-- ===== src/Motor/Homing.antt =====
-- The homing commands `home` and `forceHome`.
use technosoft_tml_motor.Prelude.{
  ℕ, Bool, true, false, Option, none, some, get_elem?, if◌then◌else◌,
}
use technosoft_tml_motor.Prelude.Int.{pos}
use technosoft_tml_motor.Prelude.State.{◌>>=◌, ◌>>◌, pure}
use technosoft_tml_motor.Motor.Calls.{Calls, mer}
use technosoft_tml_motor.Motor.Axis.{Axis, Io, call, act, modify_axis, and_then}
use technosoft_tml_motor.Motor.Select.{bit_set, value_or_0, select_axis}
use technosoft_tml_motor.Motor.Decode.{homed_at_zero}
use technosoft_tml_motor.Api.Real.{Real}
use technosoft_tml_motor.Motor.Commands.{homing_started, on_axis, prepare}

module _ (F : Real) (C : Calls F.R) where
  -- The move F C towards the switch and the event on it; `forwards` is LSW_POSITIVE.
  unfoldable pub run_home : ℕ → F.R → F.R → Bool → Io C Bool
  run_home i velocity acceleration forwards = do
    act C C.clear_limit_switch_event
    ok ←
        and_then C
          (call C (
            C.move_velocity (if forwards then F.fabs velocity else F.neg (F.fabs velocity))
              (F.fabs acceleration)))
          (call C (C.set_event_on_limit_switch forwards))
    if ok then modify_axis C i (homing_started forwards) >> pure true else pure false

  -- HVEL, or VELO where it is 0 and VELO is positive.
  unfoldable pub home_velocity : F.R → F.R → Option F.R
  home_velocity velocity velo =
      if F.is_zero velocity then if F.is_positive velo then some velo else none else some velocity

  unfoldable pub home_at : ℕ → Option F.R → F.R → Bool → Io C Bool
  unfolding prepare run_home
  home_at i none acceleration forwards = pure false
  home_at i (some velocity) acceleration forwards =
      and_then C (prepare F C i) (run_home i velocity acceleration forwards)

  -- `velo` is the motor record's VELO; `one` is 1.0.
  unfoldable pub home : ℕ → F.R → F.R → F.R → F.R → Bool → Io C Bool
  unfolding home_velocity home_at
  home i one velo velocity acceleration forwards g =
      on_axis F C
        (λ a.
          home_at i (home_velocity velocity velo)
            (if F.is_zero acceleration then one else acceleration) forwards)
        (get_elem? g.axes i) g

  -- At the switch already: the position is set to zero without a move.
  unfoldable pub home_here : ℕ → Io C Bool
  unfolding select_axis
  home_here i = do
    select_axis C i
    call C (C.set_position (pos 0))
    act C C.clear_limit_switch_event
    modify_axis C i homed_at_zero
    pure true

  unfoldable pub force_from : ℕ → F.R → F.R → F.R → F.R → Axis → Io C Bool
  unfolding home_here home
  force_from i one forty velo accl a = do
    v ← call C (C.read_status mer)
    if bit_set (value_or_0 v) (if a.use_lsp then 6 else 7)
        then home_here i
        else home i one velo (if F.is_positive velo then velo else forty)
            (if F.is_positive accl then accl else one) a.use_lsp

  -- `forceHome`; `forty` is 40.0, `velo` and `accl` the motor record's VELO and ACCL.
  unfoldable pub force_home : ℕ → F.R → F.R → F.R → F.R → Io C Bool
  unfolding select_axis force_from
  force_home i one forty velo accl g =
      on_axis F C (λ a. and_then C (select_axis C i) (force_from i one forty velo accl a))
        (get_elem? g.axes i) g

+---+

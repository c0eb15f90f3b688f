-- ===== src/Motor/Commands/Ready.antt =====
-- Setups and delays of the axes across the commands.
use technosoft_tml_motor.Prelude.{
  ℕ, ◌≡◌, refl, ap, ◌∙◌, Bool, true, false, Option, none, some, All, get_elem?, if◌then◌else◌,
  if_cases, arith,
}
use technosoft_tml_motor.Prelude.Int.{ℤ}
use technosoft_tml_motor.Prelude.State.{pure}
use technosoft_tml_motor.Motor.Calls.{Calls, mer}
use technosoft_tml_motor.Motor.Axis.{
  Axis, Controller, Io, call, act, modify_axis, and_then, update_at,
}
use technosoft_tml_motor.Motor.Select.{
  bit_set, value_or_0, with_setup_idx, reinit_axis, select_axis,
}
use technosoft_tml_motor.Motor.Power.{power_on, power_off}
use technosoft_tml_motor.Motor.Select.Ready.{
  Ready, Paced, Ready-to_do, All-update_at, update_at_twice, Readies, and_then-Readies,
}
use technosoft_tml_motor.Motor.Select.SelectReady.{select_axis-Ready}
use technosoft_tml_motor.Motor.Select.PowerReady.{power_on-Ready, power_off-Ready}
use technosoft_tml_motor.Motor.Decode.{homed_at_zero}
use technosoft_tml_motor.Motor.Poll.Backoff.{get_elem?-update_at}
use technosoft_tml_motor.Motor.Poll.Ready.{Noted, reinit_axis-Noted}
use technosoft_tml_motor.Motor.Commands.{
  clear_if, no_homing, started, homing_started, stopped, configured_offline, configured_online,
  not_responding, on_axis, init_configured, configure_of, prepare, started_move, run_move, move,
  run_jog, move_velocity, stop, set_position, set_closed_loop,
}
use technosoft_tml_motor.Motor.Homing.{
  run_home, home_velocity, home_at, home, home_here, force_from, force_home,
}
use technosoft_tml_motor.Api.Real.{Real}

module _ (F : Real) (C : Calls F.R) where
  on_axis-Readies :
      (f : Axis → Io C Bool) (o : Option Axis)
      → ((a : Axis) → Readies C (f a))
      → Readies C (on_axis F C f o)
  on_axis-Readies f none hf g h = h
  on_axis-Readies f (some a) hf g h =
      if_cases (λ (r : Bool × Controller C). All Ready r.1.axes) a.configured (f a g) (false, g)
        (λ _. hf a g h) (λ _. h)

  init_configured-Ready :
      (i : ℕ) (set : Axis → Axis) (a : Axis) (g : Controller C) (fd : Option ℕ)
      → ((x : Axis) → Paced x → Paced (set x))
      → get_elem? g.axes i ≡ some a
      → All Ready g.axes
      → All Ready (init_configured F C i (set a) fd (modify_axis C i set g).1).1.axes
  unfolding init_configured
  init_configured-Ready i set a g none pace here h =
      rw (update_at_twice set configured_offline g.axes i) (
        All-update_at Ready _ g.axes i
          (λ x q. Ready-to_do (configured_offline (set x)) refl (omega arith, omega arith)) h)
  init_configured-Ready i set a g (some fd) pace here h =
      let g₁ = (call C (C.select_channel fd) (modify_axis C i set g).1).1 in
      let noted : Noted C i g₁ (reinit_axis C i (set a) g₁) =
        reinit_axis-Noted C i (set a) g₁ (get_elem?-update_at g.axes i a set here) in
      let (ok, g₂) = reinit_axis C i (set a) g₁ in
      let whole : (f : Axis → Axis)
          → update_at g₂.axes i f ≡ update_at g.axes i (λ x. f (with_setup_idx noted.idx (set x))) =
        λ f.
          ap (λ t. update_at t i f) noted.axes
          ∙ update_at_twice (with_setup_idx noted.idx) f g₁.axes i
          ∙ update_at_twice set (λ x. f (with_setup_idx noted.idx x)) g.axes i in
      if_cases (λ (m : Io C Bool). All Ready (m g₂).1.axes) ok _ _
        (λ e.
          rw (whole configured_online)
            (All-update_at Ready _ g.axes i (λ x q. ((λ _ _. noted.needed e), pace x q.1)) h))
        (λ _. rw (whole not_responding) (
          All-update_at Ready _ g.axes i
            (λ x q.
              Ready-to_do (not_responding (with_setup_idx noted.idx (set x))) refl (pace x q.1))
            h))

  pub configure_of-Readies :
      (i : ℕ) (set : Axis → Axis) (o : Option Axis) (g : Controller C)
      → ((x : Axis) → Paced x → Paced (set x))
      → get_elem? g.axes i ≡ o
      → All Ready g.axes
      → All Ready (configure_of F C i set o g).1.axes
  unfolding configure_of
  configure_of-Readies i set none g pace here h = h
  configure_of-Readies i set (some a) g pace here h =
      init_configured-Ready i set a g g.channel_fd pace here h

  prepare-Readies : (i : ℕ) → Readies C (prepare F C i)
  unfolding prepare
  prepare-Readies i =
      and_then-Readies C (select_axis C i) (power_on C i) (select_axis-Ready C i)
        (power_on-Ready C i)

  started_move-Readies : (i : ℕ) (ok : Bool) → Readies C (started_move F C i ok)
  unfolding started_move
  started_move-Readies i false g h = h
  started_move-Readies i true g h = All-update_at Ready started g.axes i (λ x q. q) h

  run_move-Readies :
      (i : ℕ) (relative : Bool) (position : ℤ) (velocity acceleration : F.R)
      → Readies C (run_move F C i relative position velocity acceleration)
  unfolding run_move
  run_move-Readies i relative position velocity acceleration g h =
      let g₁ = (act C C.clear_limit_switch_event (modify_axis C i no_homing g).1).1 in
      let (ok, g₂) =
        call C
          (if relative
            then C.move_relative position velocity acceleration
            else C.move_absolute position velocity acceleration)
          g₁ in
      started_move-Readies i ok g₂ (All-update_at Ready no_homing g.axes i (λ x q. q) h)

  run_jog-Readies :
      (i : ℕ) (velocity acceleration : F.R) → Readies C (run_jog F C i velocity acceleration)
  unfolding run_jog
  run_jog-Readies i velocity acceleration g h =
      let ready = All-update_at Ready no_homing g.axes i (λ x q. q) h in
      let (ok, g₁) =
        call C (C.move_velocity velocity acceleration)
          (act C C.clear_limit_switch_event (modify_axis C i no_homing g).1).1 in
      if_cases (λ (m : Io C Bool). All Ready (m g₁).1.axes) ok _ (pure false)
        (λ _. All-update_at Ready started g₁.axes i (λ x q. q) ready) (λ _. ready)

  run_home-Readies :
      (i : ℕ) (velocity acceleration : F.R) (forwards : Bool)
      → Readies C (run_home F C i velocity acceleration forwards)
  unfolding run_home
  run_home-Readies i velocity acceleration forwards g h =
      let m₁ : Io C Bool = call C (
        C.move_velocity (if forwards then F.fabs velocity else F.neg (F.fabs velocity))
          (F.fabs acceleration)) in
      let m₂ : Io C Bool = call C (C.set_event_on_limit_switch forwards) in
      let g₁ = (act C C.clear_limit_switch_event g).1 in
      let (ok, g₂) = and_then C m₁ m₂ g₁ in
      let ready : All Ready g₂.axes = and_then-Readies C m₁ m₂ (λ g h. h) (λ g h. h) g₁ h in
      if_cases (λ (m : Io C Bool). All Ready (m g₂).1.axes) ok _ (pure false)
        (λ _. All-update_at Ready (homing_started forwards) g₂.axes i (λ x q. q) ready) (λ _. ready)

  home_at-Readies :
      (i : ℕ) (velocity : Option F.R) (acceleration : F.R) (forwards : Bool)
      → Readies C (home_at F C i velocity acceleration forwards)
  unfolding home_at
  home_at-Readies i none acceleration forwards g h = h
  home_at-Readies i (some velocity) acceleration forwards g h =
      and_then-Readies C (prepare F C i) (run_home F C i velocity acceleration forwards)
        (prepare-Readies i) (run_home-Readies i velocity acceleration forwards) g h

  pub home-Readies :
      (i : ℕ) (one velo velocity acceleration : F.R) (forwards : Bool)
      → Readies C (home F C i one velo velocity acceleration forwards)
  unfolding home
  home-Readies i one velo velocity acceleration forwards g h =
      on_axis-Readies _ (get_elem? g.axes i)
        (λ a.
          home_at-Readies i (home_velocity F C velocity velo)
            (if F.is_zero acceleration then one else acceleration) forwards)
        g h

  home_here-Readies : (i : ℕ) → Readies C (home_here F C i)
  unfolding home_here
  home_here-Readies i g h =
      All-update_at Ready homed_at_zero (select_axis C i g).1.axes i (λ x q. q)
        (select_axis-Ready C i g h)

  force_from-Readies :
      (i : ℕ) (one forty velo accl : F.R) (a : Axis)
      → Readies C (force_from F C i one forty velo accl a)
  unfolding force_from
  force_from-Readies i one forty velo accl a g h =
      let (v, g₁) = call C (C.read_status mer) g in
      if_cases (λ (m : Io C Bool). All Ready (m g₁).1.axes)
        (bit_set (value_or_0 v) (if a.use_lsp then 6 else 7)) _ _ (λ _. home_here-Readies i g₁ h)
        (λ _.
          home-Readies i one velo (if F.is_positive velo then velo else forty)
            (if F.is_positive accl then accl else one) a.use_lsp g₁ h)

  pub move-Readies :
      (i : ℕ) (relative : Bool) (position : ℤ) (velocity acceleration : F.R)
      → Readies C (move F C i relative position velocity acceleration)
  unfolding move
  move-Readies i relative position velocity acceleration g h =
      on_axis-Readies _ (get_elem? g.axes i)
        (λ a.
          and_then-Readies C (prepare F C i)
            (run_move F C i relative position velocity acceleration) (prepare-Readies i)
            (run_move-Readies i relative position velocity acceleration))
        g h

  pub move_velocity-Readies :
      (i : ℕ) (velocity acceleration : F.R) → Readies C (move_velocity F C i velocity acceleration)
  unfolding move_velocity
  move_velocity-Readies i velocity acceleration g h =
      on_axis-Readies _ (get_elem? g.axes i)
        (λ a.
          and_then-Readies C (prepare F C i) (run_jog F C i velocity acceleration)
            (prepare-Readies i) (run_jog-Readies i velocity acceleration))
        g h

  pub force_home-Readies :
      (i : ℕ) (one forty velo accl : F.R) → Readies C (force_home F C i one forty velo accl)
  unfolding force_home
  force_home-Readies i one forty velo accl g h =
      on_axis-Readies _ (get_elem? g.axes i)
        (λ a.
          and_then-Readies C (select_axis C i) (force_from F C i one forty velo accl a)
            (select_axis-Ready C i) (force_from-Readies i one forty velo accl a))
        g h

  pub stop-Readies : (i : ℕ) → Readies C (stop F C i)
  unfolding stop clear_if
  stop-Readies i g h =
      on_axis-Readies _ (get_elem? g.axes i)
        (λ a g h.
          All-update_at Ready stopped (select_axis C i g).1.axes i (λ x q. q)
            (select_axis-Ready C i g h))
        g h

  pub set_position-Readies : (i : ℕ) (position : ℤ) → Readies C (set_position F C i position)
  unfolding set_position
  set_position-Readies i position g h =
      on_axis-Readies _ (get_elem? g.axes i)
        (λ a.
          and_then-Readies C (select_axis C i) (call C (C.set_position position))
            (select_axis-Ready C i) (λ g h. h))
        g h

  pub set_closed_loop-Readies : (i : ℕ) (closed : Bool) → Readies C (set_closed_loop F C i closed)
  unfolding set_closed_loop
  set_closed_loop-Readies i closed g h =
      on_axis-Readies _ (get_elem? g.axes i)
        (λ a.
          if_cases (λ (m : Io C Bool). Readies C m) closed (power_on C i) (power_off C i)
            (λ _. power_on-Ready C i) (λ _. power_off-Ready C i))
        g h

+---+

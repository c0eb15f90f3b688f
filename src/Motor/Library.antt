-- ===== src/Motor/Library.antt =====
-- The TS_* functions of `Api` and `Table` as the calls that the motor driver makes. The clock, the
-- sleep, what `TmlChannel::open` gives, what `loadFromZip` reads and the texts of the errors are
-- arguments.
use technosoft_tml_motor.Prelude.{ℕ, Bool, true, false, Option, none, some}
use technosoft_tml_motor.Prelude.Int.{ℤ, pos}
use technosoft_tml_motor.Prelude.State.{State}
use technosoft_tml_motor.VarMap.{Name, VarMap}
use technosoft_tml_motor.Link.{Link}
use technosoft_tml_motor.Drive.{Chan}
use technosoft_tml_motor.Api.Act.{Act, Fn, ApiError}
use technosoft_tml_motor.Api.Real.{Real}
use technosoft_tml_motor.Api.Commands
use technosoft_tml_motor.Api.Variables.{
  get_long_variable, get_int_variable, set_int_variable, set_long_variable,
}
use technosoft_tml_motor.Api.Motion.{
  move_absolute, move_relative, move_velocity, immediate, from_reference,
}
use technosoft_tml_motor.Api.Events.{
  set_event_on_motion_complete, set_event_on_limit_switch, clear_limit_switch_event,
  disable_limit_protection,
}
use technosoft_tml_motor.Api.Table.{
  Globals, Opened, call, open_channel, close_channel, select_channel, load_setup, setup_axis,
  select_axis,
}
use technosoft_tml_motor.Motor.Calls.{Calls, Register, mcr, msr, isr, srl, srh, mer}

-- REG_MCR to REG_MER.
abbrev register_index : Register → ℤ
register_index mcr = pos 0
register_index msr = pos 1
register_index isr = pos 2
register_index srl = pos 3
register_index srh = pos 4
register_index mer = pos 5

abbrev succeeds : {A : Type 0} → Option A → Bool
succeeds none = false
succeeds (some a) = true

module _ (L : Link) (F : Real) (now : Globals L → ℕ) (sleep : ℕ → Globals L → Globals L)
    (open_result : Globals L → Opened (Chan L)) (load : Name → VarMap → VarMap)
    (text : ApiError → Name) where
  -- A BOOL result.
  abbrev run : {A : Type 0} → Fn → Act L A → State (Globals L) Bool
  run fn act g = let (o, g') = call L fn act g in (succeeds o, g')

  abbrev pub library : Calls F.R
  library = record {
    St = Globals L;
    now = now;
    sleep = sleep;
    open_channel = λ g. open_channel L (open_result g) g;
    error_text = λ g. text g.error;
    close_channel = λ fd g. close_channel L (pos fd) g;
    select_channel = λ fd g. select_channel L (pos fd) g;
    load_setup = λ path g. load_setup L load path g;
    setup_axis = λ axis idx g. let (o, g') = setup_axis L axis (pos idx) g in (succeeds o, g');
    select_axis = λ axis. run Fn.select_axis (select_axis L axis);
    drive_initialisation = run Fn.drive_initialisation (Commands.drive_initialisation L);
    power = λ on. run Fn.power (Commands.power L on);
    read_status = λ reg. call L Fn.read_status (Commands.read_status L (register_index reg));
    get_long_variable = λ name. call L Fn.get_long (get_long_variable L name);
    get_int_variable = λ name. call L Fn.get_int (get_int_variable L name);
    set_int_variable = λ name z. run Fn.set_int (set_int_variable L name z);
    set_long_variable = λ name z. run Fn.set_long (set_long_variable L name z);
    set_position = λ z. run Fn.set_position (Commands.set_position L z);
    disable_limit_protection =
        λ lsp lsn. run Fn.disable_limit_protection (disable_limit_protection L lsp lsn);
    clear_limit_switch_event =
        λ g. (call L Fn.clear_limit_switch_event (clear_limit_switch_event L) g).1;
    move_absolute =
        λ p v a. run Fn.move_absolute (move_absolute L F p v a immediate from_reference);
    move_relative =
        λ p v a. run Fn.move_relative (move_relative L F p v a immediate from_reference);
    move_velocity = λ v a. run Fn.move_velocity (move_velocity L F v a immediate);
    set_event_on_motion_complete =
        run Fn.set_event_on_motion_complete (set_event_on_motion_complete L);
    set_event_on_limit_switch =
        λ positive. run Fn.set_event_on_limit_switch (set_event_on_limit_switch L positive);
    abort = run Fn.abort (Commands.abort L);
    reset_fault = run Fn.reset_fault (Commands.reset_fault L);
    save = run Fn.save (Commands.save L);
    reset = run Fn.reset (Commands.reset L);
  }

+---+

_Goal of the exercise_:
What lines above contain "ApiError"? Copy them out.

_Reply_:
use technosoft_tml_motor.Api.Act.{Act, Fn, ApiError}
    (text : ApiError → Name) where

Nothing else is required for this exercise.